[The problem]
Only the lines from the one containing "abbrev pub unit" through the one containing "unit x row.status" should be printed, exactly as they appear below, with both ends included.

--------------------------------

-- ===== src/Queue/Table/Totals.antt =====
-- Weights of a table's rows added up, and what one write does to the total.
use mathlib.Core.List.{Memᴰ}
use mathlib.Core.Path.{subst}
use sport_crawl.Prelude.{
  ℕ, ◌+◌, ◌≤◌, some, [], ◌∷◌, ◌≡◌, ◌≢◌, refl, sym, ap, ◌∙◌, inl, inr, Bool-cases, arith, ◌==◌,
  ==_iff, count, eq_of_some,
}
use sport_crawl.Queue.Table.{ScrapeQueue, Table, find, save, ids}
use sport_crawl.Queue.Table.Writes.{ids-save, find-save}

abbrev pub total : (ScrapeQueue → ℕ) → Table → ℕ
total weight [] = 0
total weight (r ∷ rest) = weight r + total weight rest

-- No two rows have the same id.
abbrev pub IsUnique : Table → Type 0
IsUnique table = (j : ℕ) → count j (ids table) ≤ 1

pub IsUnique-tail : (r : ScrapeQueue) (rest : Table) → IsUnique (r ∷ rest) → IsUnique rest
IsUnique-tail r rest u j = let h = u j in ground arith

pub save-IsUnique : (row : ScrapeQueue) (t : Table) → IsUnique t → IsUnique (save row t)
save-IsUnique row t u j = subst (λ l. count j l ≤ 1) (sym (ids-save row t)) (u j)

pub save_absent : (row : ScrapeQueue) (t : Table) → count row.id (ids t) ≡ 0 → save row t ≡ t
unfolding save
save_absent row [] h = refl
save_absent row (r ∷ rest) h = elim (Bool-cases (r.id == row.id)) [
  | inl same ↦ absurd (ground arith)
  | inr other ↦ simp other (ap (λ t. r ∷ t) (save_absent row rest (simp other at h)))
]

pub save_twice : (a b : ScrapeQueue) (t : Table) → a.id ≡ b.id → save a (save b t) ≡ save a t
unfolding save
save_twice a b [] e = refl
save_twice a b (r ∷ rest) e = ground (arith, save_twice a b rest e)

pub find-count : (j : ℕ) (t : Table) (q : ScrapeQueue) → find j t ≡ some q → 1 ≤ count j (ids t)
unfolding find
find-count j [] q h = absurd (cc)
find-count j (r ∷ rest) q h = ground (arith, find-count j rest q)

pub find-id : (j : ℕ) (t : Table) (q : ScrapeQueue) → find j t ≡ some q → q.id ≡ j
unfolding find
find-id j [] q h = absurd (cc)
find-id j (r ∷ rest) q h = ground (arith, find-id j rest q)

pub find-save_other :
    (j : ℕ) (row : ScrapeQueue) (t : Table) → j ≢ row.id → find j (save row t) ≡ find j t
find-save_other j row t other = elim (Bool-cases (row.id == j)) [
  | inl same ↦ absurd (other (sym ((==_iff row.id j).0 same)))
  | inr differs ↦ find-save j row t ∙ simp differs refl
]

pub find-save_same :
    (row q : ScrapeQueue) (t : Table) → find row.id t ≡ some q → find row.id (save row t) ≡ some row
find-save_same row q t found =
    find-save row.id row t ∙ simp ((==_iff row.id row.id).1 refl, found) refl

-- The row that a list holds is the one that its id finds.
pub find-of_Mem : (q : ScrapeQueue) (t : Table) → IsUnique t → Memᴰ q t → find q.id t ≡ some q
unfolding find
find-of_Mem q [] u m = elim m [ ]
find-of_Mem q (r ∷ rest) u (Memᴰ.head e) =
    subst (λ (x : ScrapeQueue). find q.id (x ∷ rest) ≡ some q) e
      (simp ((==_iff q.id q.id).1 refl) refl)
find-of_Mem q (r ∷ rest) u (Memᴰ.tail m) =
    let later = find-of_Mem q rest (IsUnique-tail r rest u) m in
    elim (Bool-cases (r.id == q.id)) [
      | inl same ↦
          let one = find-count q.id rest q later in
          let most = u q.id in absurd (ground (arith, one, most, same))
      | inr other ↦ simp other later
    ]

-- A write to the row of an id exchanges its weight alone.
pub total-save :
    (weight : ScrapeQueue → ℕ) (row q : ScrapeQueue) (t : Table)
    → IsUnique t
    → find row.id t ≡ some q
    → total weight (save row t) + weight q ≡ total weight t + weight row
unfolding find save
total-save weight row q [] u h = absurd (cc)
total-save weight row q (r ∷ rest) u h = elim (Bool-cases (r.id == row.id)) [
  | inl same ↦
      let here : r ≡ q = eq_of_some (rw same at h) in
      let once : count row.id (ids rest) ≡ 0 = let c = u row.id in ground (arith, same, c) in
      let w = ap weight here in simp (same, save_absent row rest once) (omega (arith, w))
  | inr other ↦
      let ih = total-save weight row q rest (IsUnique-tail r rest u) (rw other at h) in
      simp other (omega (arith, ih))
]
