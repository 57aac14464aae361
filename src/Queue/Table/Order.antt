-- ===== src/Queue/Table/Order.antt =====
-- The row that `ORDER BY id LIMIT 1` returns.
use sport_crawl.Prelude.{
  eq_of_some, ℕ, ◌≤◌, Bool, true, some, none, [], ◌∷◌, ◌≡◌, refl, sym, ap, arith, All, select,
  head?, inl, inr, Bool-cases,
}
use mathlib.Core.Path.{subst}
use mathlib.Core.List.{Memᴰ}
use sport_crawl.Queue.Table.{ScrapeQueue, Table, insert_by_id, order_by_id, first_row}

module _ (P : ScrapeQueue → Type 0) where
  All-insert_by_id : (x : ScrapeQueue) (t : Table) → P x → All P t → All P (insert_by_id x t)
  unfolding insert_by_id
  All-insert_by_id x [] p h = (p, h)
  All-insert_by_id x (r ∷ rest) p h = ground (arith, All-insert_by_id x rest p h.1)

  All-of_insert_by_id : (x : ScrapeQueue) (t : Table) → All P (insert_by_id x t) → P x × All P t
  unfolding insert_by_id
  All-of_insert_by_id x [] h = h
  All-of_insert_by_id x (r ∷ rest) h = ground (arith, All-of_insert_by_id x rest)

  pub All-order_by_id : (t : Table) → All P t → All P (order_by_id t)
  unfolding order_by_id
  All-order_by_id [] h = h
  All-order_by_id (r ∷ rest) h =
      All-insert_by_id r (order_by_id rest) h.0 (All-order_by_id rest h.1)

  All-of_order_by_id : (t : Table) → All P (order_by_id t) → All P t
  unfolding order_by_id
  All-of_order_by_id [] h = h
  All-of_order_by_id (r ∷ rest) h =
      let both = All-of_insert_by_id r (order_by_id rest) h in
      (both.0, All-of_order_by_id rest both.1)

  All-select : (test : ScrapeQueue → Bool) (t : Table) → All P t → All P (select test t)
  All-select test [] h = h
  All-select test (r ∷ rest) h = ground (arith, All-select test rest h.1)

  All-of_select :
      (test : ScrapeQueue → Bool) (t : Table)
      → All P (select test t)
      → All (λ r. test r ≡ true → P r) t
  All-of_select test [] h = h
  All-of_select test (r ∷ rest) h = (λ e. ground arith, All-of_select test rest (ground arith))

  All-of_head? : (t : Table) (r : ScrapeQueue) → All P t → head? t ≡ some r → P r
  All-of_head? [] r h e = cc
  All-of_head? (q ∷ rest) r h e = subst P (eq_of_some e) h.0

All-select-test : (test : ScrapeQueue → Bool) (t : Table) → All (λ q. test q ≡ true) (select test t)
All-select-test test [] = tt
All-select-test test (r ∷ rest) = ground (arith, All-select-test test rest)

no_head : (t : Table) → head? t ≡ none → All (λ q. ⊥) t
no_head [] e = tt
no_head (q ∷ rest) e = cc

-- The rows of a table stand in the order of their ids.
abbrev IsSorted : Table → Type 0
IsSorted [] = Unit
IsSorted (r ∷ rest) = All (λ q. r.id ≤ q.id) rest × IsSorted rest

AtLeast-mono : (a b : ℕ) (t : Table) → a ≤ b → All (λ q. b ≤ q.id) t → All (λ q. a ≤ q.id) t
AtLeast-mono a b [] le h = h
AtLeast-mono a b (r ∷ rest) le h = (omega arith, AtLeast-mono a b rest le h.1)

insert_by_id-IsSorted : (x : ScrapeQueue) (t : Table) → IsSorted t → IsSorted (insert_by_id x t)
unfolding insert_by_id
insert_by_id-IsSorted x [] h = (tt, tt)
insert_by_id-IsSorted x (r ∷ rest) h = ground (
  arith,
  insert_by_id-IsSorted x rest h.1,
  AtLeast-mono x.id r.id rest,
  All-insert_by_id (λ q. r.id ≤ q.id) x rest,
)

order_by_id-IsSorted : (t : Table) → IsSorted (order_by_id t)
unfolding order_by_id
order_by_id-IsSorted [] = tt
order_by_id-IsSorted (r ∷ rest) =
    insert_by_id-IsSorted r (order_by_id rest) (order_by_id-IsSorted rest)

IsSorted-head? :
    (t : Table) (r : ScrapeQueue) → IsSorted t → head? t ≡ some r → All (λ q. r.id ≤ q.id) t
IsSorted-head? [] r s e = tt
IsSorted-head? (q ∷ rest) r s e =
    let same = eq_of_some e in
    (
      omega (arith, ap (λ (x : ScrapeQueue). x.id) same),
      subst (λ x. All (λ y. x.id ≤ y.id) rest) same s.0,
    )

Mem-weaken : (q : ScrapeQueue) (t u : Table) → All (λ x. Memᴰ x t) u → All (λ x. Memᴰ x (q ∷ t)) u
Mem-weaken q t [] h = tt
Mem-weaken q t (r ∷ rest) h = (Memᴰ.tail h.0, Mem-weaken q t rest h.1)

All-Mem : (t : Table) → All (λ x. Memᴰ x t) t
All-Mem [] = tt
All-Mem (r ∷ rest) = (Memᴰ.head refl, Mem-weaken r rest rest (All-Mem rest))

module _ (test : ScrapeQueue → Bool) (t : Table) where
  -- The row that ORDER BY id LIMIT 1 returns passes the WHERE clause, stands in the table, and no
  -- row that passes has a smaller id.
  pub first_row-some :
      (r : ScrapeQueue)
      → first_row test t ≡ some r
      → (test r ≡ true) × Memᴰ r t × All (λ q. test q ≡ true → r.id ≤ q.id) t
  first_row-some r e =
      let e' : head? (order_by_id (select test t)) ≡ some r = ground arith in
      let passes = All-select-test test t in
      let u = select test t in
      (
        All-of_head? (λ q. test q ≡ true) (order_by_id u) r
            (All-order_by_id (λ q. test q ≡ true) u passes) e',
        All-of_head? (λ q. Memᴰ q t) (order_by_id u) r
            (All-order_by_id (λ q. Memᴰ q t) u (All-select (λ q. Memᴰ q t) test t (All-Mem t))) e',
        All-of_select (λ q. r.id ≤ q.id) test t
            (All-of_order_by_id (λ q. r.id ≤ q.id) u
              (IsSorted-head? (order_by_id u) r (order_by_id-IsSorted u) e')),
      )

  -- No row is returned only if none passes the WHERE clause.
  pub first_row-none : first_row test t ≡ none → All (λ q. test q ≡ true → ⊥) t
  first_row-none e =
      All-of_select (λ q. ⊥) test t
        (All-of_order_by_id (λ q. ⊥) (select test t)
          (no_head (order_by_id (select test t)) (ground arith)))

pub head?-select :
    (test : ScrapeQueue → Bool) (t : Table) (q : ScrapeQueue)
    → head? (select test t) ≡ some q
    → Memᴰ q t × (test q ≡ true)
head?-select test [] q h = absurd (cc)
head?-select test (r ∷ rest) q h = elim (Bool-cases (test r)) [
  | inl passes ↦
      let same : r ≡ q = eq_of_some (rw passes at h) in
      (Memᴰ.head (sym same), subst (λ x. test x ≡ true) same passes)
  | inr not_it ↦
      let later = head?-select test rest q (rw not_it at h) in (Memᴰ.tail later.0, later.1)
]
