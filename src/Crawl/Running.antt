-- ===== src/Crawl/Running.antt =====
-- scripts/scrape_player_info.py: how a claim, the handling of the claimed job and its release change
-- the number of rows in each status.
use mathlib.Core.List.{Memᴰ}
use mathlib.Core.Path.{subst}
use sport_crawl.Prelude.{
  ℕ, ◌+◌, Bool, true, false, Option, none, some, [], ◌∷◌, ◌≡◌, refl, sym, ap, ◌∙◌, inl, inr,
  Bool-cases, arith, ◌==◌, ◌&&◌, ==_iff, if◌then◌else◌, eq_of_some, select, head?, count, eq_iff,
}
use sport_crawl.Queue.Table.{
  ScrapeStatus, pending, in_progress, is_status, ScrapeQueue, Table, Outcome, ok, err, Session,
  find, save, update_where, ids, first_row,
}
use sport_crawl.Queue.Table.Totals.{
  total, IsUnique, IsUnique-tail, save-IsUnique, save_absent, find-save_same, find-of_Mem,
  total-save,
}
use sport_crawl.Queue.Table.Order.{first_row-some, head?-select}
use sport_crawl.Queue.Table.Writes.{is_status-eq}
use sport_crawl.Queue.Repository
use sport_crawl.Queue.Repository.{is_claimable, claimed, claim_row, released, claim_by_id}
use sport_crawl.Queue.PlayerInfo.{is_held, claim_next}

abbrev pub unit : ScrapeStatus → ScrapeStatus → ℕ
unit x y = if is_status y x then 1 else 0

-- The number of rows in a status.
abbrev pub count_status : ScrapeStatus → Table → ℕ
count_status x t = total (λ r. unit x r.status) t

-- What a claim leaves: a player_info row in hand, IN_PROGRESS, or the table as it was.
abbrev pub IsClaim : Table → Outcome (Option ScrapeQueue) × Table → Type 0
IsClaim t (err e, u) = u ≡ t
IsClaim t (ok none, u) = u ≡ t
IsClaim t (ok (some r), u) =
    (find r.id u ≡ some r)
    × (r.job_type ≡ "player_info")
    × (r.status ≡ in_progress)
    × IsUnique u
    × ((x : ScrapeStatus)
        → count_status x u + unit x pending ≡ count_status x t + unit x in_progress)

-- A write of a row in another status.
pub count_status-save :
    (x : ScrapeStatus) (row q : ScrapeQueue) (t : Table)
    → IsUnique t
    → find row.id t ≡ some q
    → count_status x (save row t) + unit x q.status ≡ count_status x t + unit x row.status
count_status-save x row q t u found = total-save (λ r. unit x r.status) row q t u found

claim_row-some :
    (s : Session) (t : Table) (q : ScrapeQueue)
    → IsUnique t
    → find q.id t ≡ some q
    → is_claimable "player_info" s q ≡ true
    → IsClaim t (claim_row s t (some q))
claim_row-some s t q u found claimable =
    let waits : q.status ≡ pending = is_status-eq q.status pending (ground arith) in
    (
      find-save_same (claimed s q) q t found,
      (eq_iff q.job_type "player_info").0 (ground arith),
      refl,
      save-IsUnique (claimed s q) t u,
      λ x.
          subst
            (λ y.
              count_status x (save (claimed s q) t) + unit x y
              ≡ count_status x t + unit x in_progress)
            waits (count_status-save x (claimed s q) q t u found),
    )

claim_row-IsClaim :
    (s : Session) (t : Table) (o : Option ScrapeQueue)
    → IsUnique t
    → ((q : ScrapeQueue) → o ≡ some q → Memᴰ q t × (is_claimable "player_info" s q ≡ true))
    → IsClaim t (claim_row s t o)
claim_row-IsClaim s t none u rows = refl
claim_row-IsClaim s t (some q) u rows =
    let (member, claimable) = rows q refl in
    claim_row-some s t q u (find-of_Mem q t u member) claimable

pub claim_next-IsClaim : (s : Session) (t : Table) → IsUnique t → IsClaim t (claim_next s t)
unfolding claim_next Repository.claim_next
claim_next-IsClaim s t u = elim (Bool-cases s.reachable) [
  | inl up ↦ rw up (
      claim_row-IsClaim s t (first_row (is_claimable "player_info" s) t) u (λ q e.
        let first = first_row-some (is_claimable "player_info" s) t q e in (first.1, first.0)))
  | inr down ↦ rw down refl
]

pub claim_by_id-IsClaim :
    (i : ℕ) (s : Session) (t : Table) → IsUnique t → IsClaim t (claim_by_id "player_info" i s t)
unfolding claim_by_id
claim_by_id-IsClaim i s t u =
    let test = λ (r : ScrapeQueue). r.id == i && is_claimable "player_info" s r in
    elim (Bool-cases s.reachable) [
      | inl up ↦ rw up (
          claim_row-IsClaim s t (head? (select test t)) u
            (λ q e. let h = head?-select test t q e in (h.0, ground arith)))
      | inr down ↦ rw down refl
    ]

-- A change of the one row that an UPDATE meets is its flush.
update_where-save :
    (test : ScrapeQueue → Bool) (change : ScrapeQueue → ScrapeQueue) (q : ScrapeQueue) (t : Table)
    → IsUnique t
    → ((r : ScrapeQueue) → test r ≡ true → r.id ≡ q.id)
    → test q ≡ true
    → (change q).id ≡ q.id
    → find q.id t ≡ some q
    → update_where test change t ≡ save (change q) t
unfolding update_where save find
update_where-save test change q [] u only meets same found = absurd (cc)
update_where-save test change q (r ∷ rest) u only meets same found =
    elim (Bool-cases (r.id == q.id)) [
      | inl here ↦
          let e : r ≡ q = eq_of_some (rw here at found) in
          let once : count q.id (ids rest) ≡ 0 = let c = u q.id in ground (arith, here, c) in
          simp (e, meets, same, (==_iff q.id q.id).1 refl)
            (ap (λ v. change q ∷ v)
              (unmet test change q rest only once
                ∙ sym (save_absent (change q) rest (simp same once))))
      | inr other ↦
          let not_met : test r ≡ false = elim (Bool-cases (test r)) [
            | inl met ↦ absurd (let i = only r met in ground arith)
            | inr n ↦ n
          ] in
          let rest_eq =
            update_where-save test change q rest (IsUnique-tail r rest u) only meets same
              (rw other at found) in
          simp (not_met, same, other) (ap (λ v. r ∷ v) rest_eq)
    ]
  where
    unmet :
        (test : ScrapeQueue → Bool) (change : ScrapeQueue → ScrapeQueue) (q : ScrapeQueue)
        (t : Table)
        → ((r : ScrapeQueue) → test r ≡ true → r.id ≡ q.id)
        → count q.id (ids t) ≡ 0
        → update_where test change t ≡ t
    unmet test change q [] only absent = refl
    unmet test change q (r ∷ rest) only absent = elim (Bool-cases (test r)) [
      | inl met ↦ absurd (let i = only r met in ground arith)
      | inr n ↦ simp n (ap (λ v. r ∷ v) (unmet test change q rest only (ground arith)))
    ]

-- What a database holds in a status once the job in hand has been let go: one row less IN_PROGRESS,
-- one row more in the status that the job went to.
abbrev pub IsLetGo : ScrapeStatus → Table → Table → Type 0
IsLetGo y t v =
    IsUnique v
    × ((x : ScrapeStatus) → count_status x v + unit x in_progress ≡ count_status x t + unit x y)

module _ (q : ScrapeQueue) (t : Table) (u : IsUnique t) (found : find q.id t ≡ some q)
    (held : q.status ≡ in_progress) where
  pub save-IsLetGo :
      (row : ScrapeQueue) (y : ScrapeStatus) (v : Table)
      → row.id ≡ q.id
      → row.status ≡ y
      → v ≡ save row t
      → IsLetGo y t v
  save-IsLetGo row y v same at_y written =
      subst (λ w. IsLetGo y t w) (sym written)
        (
          save-IsUnique row t u,
          λ x.
              subst (λ a. count_status x (save row t) + unit x a ≡ count_status x t + unit x y) held
                (subst
                  (λ b. count_status x (save row t) + unit x q.status ≡ count_status x t + unit x b)
                  at_y
                  (count_status-save x row q t u
                    (subst (λ i. find i t ≡ some q) (sym same) found))),
        )

  pub release_to_pending-IsLetGo :
      q.job_type ≡ "player_info" → IsLetGo pending t (update_where (is_held q.id) released t)
  release_to_pending-IsLetGo kind = save-IsLetGo (released q) pending _ refl refl (
      update_where-save (is_held q.id) released q t u (λ r h. (==_iff r.id q.id).0 (ground arith))
        (simp ((==_iff q.id q.id).1 refl, held, (eq_iff q.job_type "player_info").1 kind) refl) refl
        found)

--------------------------------

[Solution to the exercise]
abbrev pub unit : ScrapeStatus → ScrapeStatus → ℕ
unit x y = if is_status y x then 1 else 0

-- The number of rows in a status.
abbrev pub count_status : ScrapeStatus → Table → ℕ
count_status x t = total (λ r. unit x r.status) t

-- What a claim leaves: a player_info row in hand, IN_PROGRESS, or the table as it was.
abbrev pub IsClaim : Table → Outcome (Option ScrapeQueue) × Table → Type 0
IsClaim t (err e, u) = u ≡ t
IsClaim t (ok none, u) = u ≡ t
IsClaim t (ok (some r), u) =
    (find r.id u ≡ some r)
    × (r.job_type ≡ "player_info")
    × (r.status ≡ in_progress)
    × IsUnique u
    × ((x : ScrapeStatus)
        → count_status x u + unit x pending ≡ count_status x t + unit x in_progress)

-- A write of a row in another status.
pub count_status-save :
    (x : ScrapeStatus) (row q : ScrapeQueue) (t : Table)
    → IsUnique t
    → find row.id t ≡ some q
    → count_status x (save row t) + unit x q.status ≡ count_status x t + unit x row.status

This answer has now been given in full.